WHAT IS BEING ASKED: Output only the stretch of the listing that starts at the line containing "WorkflowStatus-set : IsSet WorkflowStatus" and ends at the line containing "(xs ys : List StepStatus) → Perm xs", reproduced exactly with both ends.

THE DATA:
============
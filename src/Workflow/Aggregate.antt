-- ===== src/Workflow/Aggregate.antt =====
-- What `aggregate` of agent_control/workflow/scheduler.py promises.
use mathlib.Core.List.{Perm, Permᴰ}
use mathlib.Core.Logic.{∥∥₁_elim}
use freaky_monkey.Base.{
  Bool, true, false, List, [], ◌∷◌, ◌≡◌, refl, ◌↔◌, ap, ◌∙◌, arith, map, any, all, ◌||◌,
  if◌then◌else◌,
}
use freaky_monkey.Workflow.Status.{StepStatus, WorkflowStatus, is_completed, is_cancelled}
use freaky_monkey.Workflow.Model.{Workflow}
use freaky_monkey.Workflow.Ready.{
  aggregate, aggregate_states, is_failed, is_step_cancelled, is_unknown, is_waiting_for_approval,
  is_waiting_for_user,
}

abbrev statuses : Workflow → List StepStatus
statuses w = map (λ s. s.status) w.steps

aggregate_states-completed :
    (ts : List StepStatus)
    → aggregate_states ts ≡ WorkflowStatus.completed
    → all is_completed ts ≡ true
unfolding aggregate_states
aggregate_states-completed [] h = refl
aggregate_states-completed (t ∷ ts) h = ground arith

completed-aggregate_states :
    (ts : List StepStatus)
    → all is_completed ts ≡ true
    → aggregate_states ts ≡ WorkflowStatus.completed
unfolding aggregate_states
completed-aggregate_states [] h = refl
completed-aggregate_states (t ∷ ts) h = ground arith

-- A workflow is COMPLETED exactly when it is not cancelled and every one of its steps is COMPLETED.
pub aggregate-completed_iff :
    (w : Workflow)
    → (aggregate w ≡ WorkflowStatus.completed) ↔ (
        ((w.cancel_requested || is_cancelled w.status) ≡ false)
        × (all is_completed (map (λ s. s.status) w.steps) ≡ true))
unfolding aggregate
aggregate-completed_iff w = (
  λ h. (ground arith, aggregate_states-completed (statuses w) (ground arith)),
  λ h. ground (arith, completed-aggregate_states (statuses w) h.1),
)

partial_states :
    (stop : Bool) (ts : List StepStatus)
    → (if stop then WorkflowStatus.cancelled else aggregate_states ts)
      ≡ WorkflowStatus.partial_failure
    → (any is_completed ts ≡ true) × (any is_failed ts ≡ true)
unfolding aggregate_states
partial_states stop [] h = ground arith
partial_states stop (t ∷ ts) h = ground arith

-- PARTIAL_FAILURE means that some step is COMPLETED and some step is FAILED, BLOCKED or CANCELLED.
pub aggregate-partial_failure :
    (w : Workflow)
    → aggregate w ≡ WorkflowStatus.partial_failure
    → (any is_completed (map (λ s. s.status) w.steps) ≡ true)
      × (any is_failed (map (λ s. s.status) w.steps) ≡ true)
unfolding aggregate
aggregate-partial_failure w =
    partial_states (w.cancel_requested || is_cancelled w.status) (statuses w)

all-permᴰ : (p : StepStatus → Bool) (xs ys : List StepStatus) → Permᴰ xs ys → all p xs ≡ all p ys
all-permᴰ p _ _ Permᴰ.nil = refl
all-permᴰ p _ _ (Permᴰ.cons {l₁ = xs} {l₂ = ys} e h) = ground (arith, ap p e, all-permᴰ p xs ys h)
all-permᴰ p _ _ (Permᴰ.swap e f) = ground (arith, ap p e, ap p f)
all-permᴰ p xs zs (Permᴰ.trans {l₂ = ys} h k) = all-permᴰ p xs ys h ∙ all-permᴰ p ys zs k

any-permᴰ : (p : StepStatus → Bool) (xs ys : List StepStatus) → Permᴰ xs ys → any p xs ≡ any p ys
any-permᴰ p _ _ Permᴰ.nil = refl
any-permᴰ p _ _ (Permᴰ.cons {l₁ = xs} {l₂ = ys} e h) = ground (arith, ap p e, any-permᴰ p xs ys h)
any-permᴰ p _ _ (Permᴰ.swap e f) = ground (arith, ap p e, ap p f)
any-permᴰ p xs zs (Permᴰ.trans {l₂ = ys} h k) = any-permᴰ p xs ys h ∙ any-permᴰ p ys zs k

-- The ladder of `aggregate_states`, on any list: the empty one passes its first test.
abbrev pub ladder : List StepStatus → WorkflowStatus
ladder states =
    if all is_completed states
    then WorkflowStatus.completed
    else if all is_step_cancelled states
    then WorkflowStatus.cancelled
    else if any is_unknown states
    then WorkflowStatus.unknown
    else if any is_waiting_for_approval states
    then WorkflowStatus.waiting_for_approval
    else if any is_waiting_for_user states
    then WorkflowStatus.waiting_for_user
    else if any is_failed states
    then if any is_completed states then WorkflowStatus.partial_failure else WorkflowStatus.failed
    else WorkflowStatus.running

pub aggregate_states-ladder : (ts : List StepStatus) → aggregate_states ts ≡ ladder ts
unfolding aggregate_states
aggregate_states-ladder [] = refl
aggregate_states-ladder (t ∷ ts) = refl

aggregate_states-permᴰ :
    (xs ys : List StepStatus) → Permᴰ xs ys → aggregate_states xs ≡ aggregate_states ys
aggregate_states-permᴰ xs ys h =
    rw (aggregate_states-ladder xs, aggregate_states-ladder ys)
      (ground (
        arith,
        all-permᴰ is_completed xs ys h,
        all-permᴰ is_step_cancelled xs ys h,
        any-permᴰ is_unknown xs ys h,
        any-permᴰ is_waiting_for_approval xs ys h,
        any-permᴰ is_waiting_for_user xs ys h,
        any-permᴰ is_failed xs ys h,
        any-permᴰ is_completed xs ys h,
      ))

WorkflowStatus-set : IsSet WorkflowStatus
WorkflowStatus-set = hlevel

-- The status that the steps of a workflow add up to does not depend on their order.
pub aggregate_states-perm :
    (xs ys : List StepStatus) → Perm xs ys → aggregate_states xs ≡ aggregate_states ys
aggregate_states-perm xs ys h = ∥∥₁_elim h (WorkflowStatus-set _ _) (aggregate_states-permᴰ xs ys)
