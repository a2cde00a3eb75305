-- ===== src/Client/Receive/Lines.antt =====
-- Lemmas on `recv_message` of client/main.cpp, for the lines that the server sends.
use mathlib.Core.List.{append_assoc}
use irc_chat.Base.{
  ℕ, zero, suc, ◌≡◌, refl, sym, ap, ◌∙◌, [], ◌∷◌, ◌++◌, Str, codes, arith, length, take, drop,
  Avoids, find_byte_at, Result, ok, ◌>>=◌,
}
use irc_chat.Client.Receive.{c_str, show_command, show, show_parsed, take_line, receive}
use irc_chat.Message.Parse.{parse}
use irc_chat.Message.Print.{
  to_string, print_prefix, print_params, command_or_reply_name, command_name,
}
use irc_chat.Message.RoundTrip.{IsField, IsPrintable, parse-to_string}
use irc_chat.Message.{Message}
use irc_chat.Server.World.{privmsg_from}

take-suc-length : (s rest : Str) → take (suc (length s)) (s ++ b'\n' ∷ rest) ≡ s ++ b'\n' ∷ []
take-suc-length [] rest = refl
take-suc-length (c ∷ s) rest = ap (◌∷◌ c) (take-suc-length s rest)

drop-suc-length : (s rest : Str) → drop (suc (length s)) (s ++ b'\n' ∷ rest) ≡ rest
drop-suc-length [] rest = refl
drop-suc-length (c ∷ s) rest = drop-suc-length s rest

take_line-at :
    (s rest : Str)
    → Avoids b'\n' s
    → take_line (s ++ b'\n' ∷ rest)
      ≡ (show_parsed (parse (s ++ b'\n' ∷ [])) >>= λ shown. ok (shown, rest))
unfolding take_line
take_line-at s rest h =
    rw (find_byte_at b'\n' s rest h, take_line)
      (rw (take-suc-length s rest, drop-suc-length s rest))

-- Bytes that complete a line: the line is shown, and what is behind it waits.
pub receive-line :
    (chunk msg_str s rest : Str)
    → Avoids b'\n' s
    → msg_str ++ chunk ≡ s ++ b'\n' ∷ rest
    → receive chunk msg_str ≡ (show_parsed (parse (s ++ b'\n' ∷ [])) >>= λ shown. ok (shown, rest))
unfolding receive
receive-line chunk msg_str s rest h e = ap take_line e ∙ take_line-at s rest h

-- Once the bytes kept by the client and the bytes just received are a printed message followed by
-- anything, however they were cut: the client shows that message, and keeps exactly what is behind
-- it. The message is printable, and its line holds one newline, at the end.
pub receive-to_string :
    (m : Message) (chunk msg_str s rest : Str)
    → IsPrintable m
    → to_string m ≡ s ++ b'\n' ∷ []
    → Avoids b'\n' s
    → msg_str ++ chunk ≡ to_string m ++ rest
    → receive chunk msg_str ≡ (show m >>= λ shown. ok (shown, rest))
unfolding show_parsed
receive-to_string m chunk msg_str s rest h line one_line e =
    receive-line chunk msg_str s rest one_line
      (e ∙ ap (λ t. t ++ rest) line ∙ append_assoc s (b'\n' ∷ []) rest)
    ∙ ap (λ (q : Result Message). show_parsed q >>= λ shown. ok (shown, rest))
        (ap parse (sym line) ∙ parse-to_string m h)

pub Avoids-append : (c : ℕ) (s t : Str) → Avoids c s → Avoids c t → Avoids c (s ++ t)
Avoids-append c [] t hs ht = ht
Avoids-append c (d ∷ s) t hs ht = (hs.0, Avoids-append c s t hs.1 ht)

pub c_str-Avoids : (s : Str) → Avoids 0 s → c_str s ≡ s
c_str-Avoids [] h = refl
c_str-Avoids (zero ∷ s) h = absurd (h.0 refl)
c_str-Avoids (suc c ∷ s) h = ap (◌∷◌ (suc c)) (c_str-Avoids s h.1)

-- Text that shows as it is: no newline and no 0.
pub record IsText (s : Str) : Type 0 where
  pub one_line : Avoids b'\n' s
  pub no_nul : Avoids 0 s

-- The line that the server sends on for a PRIVMSG is shown by the client as `[nick]: text`, where
-- nick and text hold no newline and no 0, the nick no space, and the channel's name no newline and
-- no space and no colon in front.
pub receive-privmsg :
    (nick chan text : Str) (rest : Str)
    → IsText nick
    → Avoids b' ' nick
    → Avoids b'\n' chan
    → IsField chan
    → IsText text
    → receive (to_string (privmsg_from nick (chan ∷ text ∷ [])) ++ rest) []
      ≡ ok (b'[' ∷ (nick ++ (codes "]: " ++ (text ++ codes "\n"))), rest)
unfolding to_string print_prefix print_params command_or_reply_name command_name show show_command
receive-privmsg nick chan text rest hn spaces hc field ht =
    receive-to_string (privmsg_from nick (chan ∷ text ∷ [])) _ [] body rest
      (record { prefix_ok = spaces; command_ok = tt; params_ok = (field, tt) }) (simp append_assoc)
      (
        omega arith,
        Avoids-append b'\n' nick _ hn.one_line (
            Avoids-append b'\n' (codes " PRIVMSG ") _ (omega arith)
              (Avoids-append b'\n' chan _ hc (omega arith, (omega arith, ht.one_line)))),
      )
      refl
    ∙ rw (c_str-Avoids nick hn.no_nul, c_str-Avoids text ht.no_nul)
  where
    body : Str
    body = b':' ∷ (nick ++ (b' ' ∷ (codes "PRIVMSG " ++ (chan ++ (b' ' ∷ (b':' ∷ text))))))
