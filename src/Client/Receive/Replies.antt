-- ===== src/Client/Receive/Replies.antt =====
-- Numeric replies of the server in `recv_message` of client/main.cpp.
use irc_chat.Base.{ℕ, List, [], ◌∷◌, ◌++◌, none, Str}
use irc_chat.Client.Receive.Lines.{IsText}
use irc_chat.Message.{Message, numeric_reply}

abbrev pub AreTexts : List Str → Type 0
AreTexts [] = Unit {0}
AreTexts (p ∷ ps) = IsText p × AreTexts ps

-- The parameters behind each other, a space in front of each.
abbrev pub listed : List Str → Str
listed [] = []
listed (p ∷ ps) = b' ' ∷ (p ++ listed ps)

abbrev pub reply_of : ℕ → List Str → Message
reply_of n params = record { prefix = none; command_or_reply = numeric_reply n; params = params }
============
YOUR SOLUTION:
WorkflowStatus-set : IsSet WorkflowStatus
WorkflowStatus-set = hlevel

-- The status that the steps of a workflow add up to does not depend on their order.
pub aggregate_states-perm :
    (xs ys : List StepStatus) → Perm xs ys → aggregate_states xs ≡ aggregate_states ys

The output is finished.